On the other side of the world, Ancient Chinese scholars and

artists/poets saw culture as enhancing a sense of citizenry (Confucianism)

or a direct personal encounter with nature and the cosmos (Daoism). Both

in the West and the East, the socio-political environment interacted with

ideas related to resonance. While technological acceleration is the primary

focus of Rosa’s argument, we have seen how other kinds of destabilizing

social forces influence the kind of resonance that is relevant to the

culture. In times of social upheaval, as during the period of the Six

Dynasties, resonance between the person and nature could provide an

occasion for peace of mind.

The Chinese and Western cultures seem quite different on the

surface but the Chinese concept of energy is reminiscent of the living

“physis” of the pre-Socratic Greeks. The Chinese ideas about resonance

with nature are also very similar to those expressed by German Romantic

philosophers of the late eighteenth and early nineteenth centuries.

27
Whether we are talking about Ancient philosophers from Greece or China,

many of the social circumstances related to social cohesion and conflict

are the same today. There is something to be said for an unconscious

desire to be more like Chinese artists of the Six Dynasties who were in

harmony with nature and the cosmos even in the face of social instability.
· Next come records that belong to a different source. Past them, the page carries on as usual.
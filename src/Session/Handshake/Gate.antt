-- ===== src/Session/Handshake/Gate.antt =====
-- Who gets past the handshake of session/session.go.
use quicrtc.Prelude.{
  ℕ, ◌≡◌, refl, sym, ap, ◌∙◌, subst, ◌⊎◌, inl, inr, List, Bool, ◌==◌, [], Option, some, Result, ok,
  err, Error, arith, Bool-cases, Option-cases,
}
use quicrtc.Wire.Control.{read_control_frame}
use quicrtc.Wire.Hello.{Hello, current_version, min_supported_version}
use quicrtc.Wire.Hello.Laws.{Within, negotiate_version_lem}
use quicrtc.Session.{Config, Hooks, Session, best_effort_error}
use quicrtc.Session.Handshake.{
  type_hello, Json, HandshakeError, offered_range, authenticate, takes_role, resume_or_start,
  answer, admit, check_hello, handshake, expected_hello, bad_hello_json, version_message,
  auth_message, bad_role,
}
use quicrtc.Session.Handshake.Auth.{
  resume_or_start-same, answer-same, Refused, Accepted, Admitted, best_effort_error-Refused,
  takes_role-lem, authenticate-Accepted, Verdict, AnswerEnd, answer-AnswerEnd,
}

-- An accepted credential stays one, whatever the tracks.
Accepted-same :
    (c : Config) (h : Hello) (s a b : Session)
    → b.tenant ≡ a.tenant
    → Accepted c h s a
    → Accepted c h s b
Accepted-same c h s a b e (inl (v, there, t)) = inl (v, there, t ∙ ap some (sym e))
Accepted-same c h s a b e (inr (nothing, slug, t)) = inr (nothing, slug, e ∙ t)

Refused-after : (s a b : Session) → Refused s a → Refused a b → Refused s b
Refused-after s a b p q = record {
  tracks = q.tracks ∙ p.tracks;
  spawned = q.spawned ∙ p.spawned;
  session_id = q.session_id ∙ p.session_id;
  features = q.features ∙ p.features;
  leading = q.leading ∙ p.leading;
  uncalled = q.uncalled ∙ p.uncalled;
}

admit-Verdict :
    (c : Config) (hooks : Hooks) (json : Json) (h : Hello) (s a : Session)
    → Refused s a
    → Accepted c h s a
    → Within (offered_range h).0 (offered_range h).1 a.negotiated_version
    → Within min_supported_version current_version a.negotiated_version
    → Verdict c h s (admit c hooks json h a)
unfolding admit
admit-Verdict c hooks json h s a clean accepted offered supported =
    elim (Bool-cases (takes_role h.role)) [
      | inr strange ↦
          let msg = bad_role in
          let e : admit c hooks json h a
              ≡ (best_effort_error msg a, some HandshakeError.bad_hello) =
            ground (arith, strange) in
          subst (Verdict c h s) (sym e) (
            inl (
              HandshakeError.bad_hello,
              refl,
              Refused-after s a (best_effort_error msg a) clean (best_effort_error-Refused msg a),
            ))
      | inl fine ↦
          let a₁ : Session = record a {
            hello_session_id = h.session_id;
            hello_last_seen_seq = h.last_seen_seq;
          } in
          let b = resume_or_start c hooks h a₁ in
          let e : admit c hooks json h a ≡ answer c json h b = ground (arith, fine) in
          let p = resume_or_start-same c hooks h a₁ in
          let q = answer-same c json h b in
          let tenant = q.tenant ∙ p.tenant in
          let version = q.version ∙ p.version in
          subst (Verdict c h s) (sym e) (
            inr (
              answer-AnswerEnd c json h b,
              (
                Accepted-same c h s a (answer c json h b).0 tenant accepted,
                takes_role-lem h.role fine,
                subst (Within (offered_range h).0 (offered_range h).1) (sym version) offered,
                subst (Within min_supported_version current_version) (sym version) supported,
              ),
            ))
    ]

pub check_hello-Verdict :
    (c : Config) (hooks : Hooks) (json : Json) (h : Hello) (s : Session)
    → Verdict c h s (check_hello c hooks json h s)
unfolding check_hello
check_hello-Verdict c hooks json h s =
    let (lo, hi) = offered_range h in
    elim (negotiate_version_lem (offered_range h).0 (offered_range h).1 min_supported_version
      current_version []) [
        | inl (apart, _) ↦
            let msg = version_message in
            let e : check_hello c hooks json h s
                ≡ (best_effort_error msg s, some HandshakeError.bad_hello) =
              ground (arith, apart) in
            subst (Verdict c h s) (sym e)
              (inl (HandshakeError.bad_hello, refl, best_effort_error-Refused msg s))
        | inr (v, agreed, offered, supported, _) ↦
            let s₁ : Session = record s { negotiated_version = v } in
            let clean : Refused s s₁ = record {
              tracks = refl;
              spawned = refl;
              session_id = refl;
              features = refl;
              leading = refl;
              uncalled = refl;
            } in
            elim (Option-cases (authenticate c h s₁)) [
              | inl wrong ↦
                  let msg = auth_message in
                  let e : check_hello c hooks json h s
                      ≡ (best_effort_error msg s₁, some HandshakeError.auth) =
                    ground (arith, agreed, wrong) in
                  subst (Verdict c h s) (sym e) (
                    inl (
                      HandshakeError.auth,
                      refl,
                      Refused-after s s₁ (best_effort_error msg s₁) clean
                          (best_effort_error-Refused msg s₁),
                    ))
              | inr (tenant, right) ↦
                  let s₂ : Session = record s₁ { tenant = tenant } in
                  let e : check_hello c hooks json h s ≡ admit c hooks json h s₂ =
                    ground (arith, agreed, right) in
                  let clean' : Refused s s₂ = record {
                    tracks = refl;
                    spawned = refl;
                    session_id = refl;
                    features = refl;
                    leading = refl;
                    uncalled = refl;
                  } in
                  subst (Verdict c h s) (sym e) (
                    admit-Verdict c hooks json h s s₂ clean' (authenticate-Accepted c h s₁ s₂ right)
                      offered supported)
            ]
      ]

-- What a result of read_control_frame is.
pub Result-cases {ℓ} :
    {T : Type ℓ} (r : Result T) → ((e : Error) × (r ≡ err e)) ⊎ ((t : T) × (r ≡ ok t))
Result-cases (err e) = inl (e, refl)
Result-cases (ok t) = inr (t, refl)

-- A refusal, or a HELLO that was right.
abbrev pub Gate : Config → Json → List ℕ → Session → Session × Option HandshakeError → Type 0
Gate c json input s r =
    ((e : HandshakeError) × (r.1 ≡ some e) × Refused s r.0)
    ⊎ (AnswerEnd r.1 × Admitted c json input s r.0)

-- A return with an error before anything was done.
refusal :
    (c : Config) (json : Json) (input : List ℕ) (s : Session) (e : HandshakeError)
    (r : Session × Option HandshakeError)
    → r ≡ (s, some e)
    → Gate c json input s r
refusal c json input s e r h =
    let same : Refused s s = record {
      tracks = refl;
      spawned = refl;
      session_id = refl;
      features = refl;
      leading = refl;
      uncalled = refl;
    } in
    subst (Gate c json input s) (sym h) (inl (e, refl, same))

-- A return with an error that the peer is told of.
told :
    (c : Config) (json : Json) (input : List ℕ) (s : Session) (e : HandshakeError) (msg : List ℕ)
    (r : Session × Option HandshakeError)
    → r ≡ (best_effort_error msg s, some e)
    → Gate c json input s r
told c json input s e msg r h =
    subst (Gate c json input s) (sym h) (inl (e, refl, best_effort_error-Refused msg s))

-- The part after a HELLO has been parsed.
parsed-Gate :
    (c : Config) (hooks : Hooks) (json : Json) (input payload rest : List ℕ) (h : Hello)
    (s : Session)
    → read_control_frame input ≡ ok ((type_hello, payload), rest)
    → json.unmarshal_hello payload ≡ some h
    → Gate c json input s (check_hello c hooks json h s)
parsed-Gate c hooks json input payload rest h s framed parsed =
    elim (check_hello-Verdict c hooks json h s) [
      | inl refused ↦ inl refused
      | inr (ended, (accepted, role, offered, supported)) ↦ inr (
        ended,
        record {
          payload = payload;
          rest = rest;
          hello = h;
          framed = framed;
          parsed = parsed;
          accepted = accepted;
          role = role;
          version_offered = offered;
          version_supported = supported;
        },
      )
    ]

-- The handshake is a gate. Either it refuses with an error, and then no track has been attached, no
-- pump spawned, no session named, no feature agreed on and OnResume not called; or the first frame
-- was a HELLO that parses, with a credential that AuthValidator takes, and the session's tenant is
-- the one it gives (without a validator, the credential is the expected slug), with a role that is
-- absent or "recv", the version agreed on is in the range of both sides, and the only errors left
-- are that the SDP cannot be encoded or written. This holds for every configuration, callback and
-- input.
pub handshake-Gate :
    (c : Config) (hooks : Hooks) (json : Json) (deadline_set : Bool) (input : List ℕ) (s : Session)
    → Gate c json input s (handshake c hooks json deadline_set input s)
unfolding handshake
handshake-Gate c hooks json deadline_set input s = elim (Bool-cases deadline_set) [
  | inr unset ↦ refusal c json input s HandshakeError.set_deadline _ (ground (arith, unset))
  | inl timed ↦ elim (Result-cases (read_control_frame input)) [
    | inl (fault, bad) ↦
        refusal c json input s (HandshakeError.read_hello fault) _ (ground (arith, timed, bad))
    | inr (((t, payload), rest), framed) ↦ elim (Bool-cases (t == type_hello)) [
      | inr other ↦
          told c json input s HandshakeError.bad_hello expected_hello _
            (ground (arith, timed, framed, other))
      | inl hello ↦ elim (Option-cases (json.unmarshal_hello payload)) [
        | inl garbled ↦
            told c json input s HandshakeError.bad_hello bad_hello_json _
              (ground (arith, timed, framed, hello, garbled))
        | inr (h, parsed) ↦
            let e : handshake c hooks json deadline_set input s ≡ check_hello c hooks json h s =
              ground (arith, timed, framed, hello, parsed) in
            let is_hello : t ≡ type_hello = ground (arith, hello) in
            subst (Gate c json input s) (sym e) (
              parsed-Gate c hooks json input payload rest h s
                (framed ∙ ap (λ k. ok ((k, payload), rest)) is_hello) parsed)
      ]
    ]
  ]
]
Accelerating technology has made it clear that harmony (i.e., resonance)

with our fellow citizens and the environment might is crucial at this stage

of history.

The concept of resonance applies to entertainment theory in many

ways. But, there is one way in which it does not apply. No one attends a

concert or reads a book in search of resonance. Rather, resonance is a

state best described after the fact by someone who is concerned with

assessing relative harmony or even transportation. The kind of resonance

achieved depends on the situation. A state of collective bodily resonance might

occur at a rock concert where the audience moves in harmony with the music. Private

resonances take place during classical music performances when sensory structures affect

audiences. Still more profound resonances take place when the subject matter of a theatrical

performance stimulates reflections on the meaning of life. Thus, the depth of resonance

depends on a movement from body to mind in personally meaningful situations.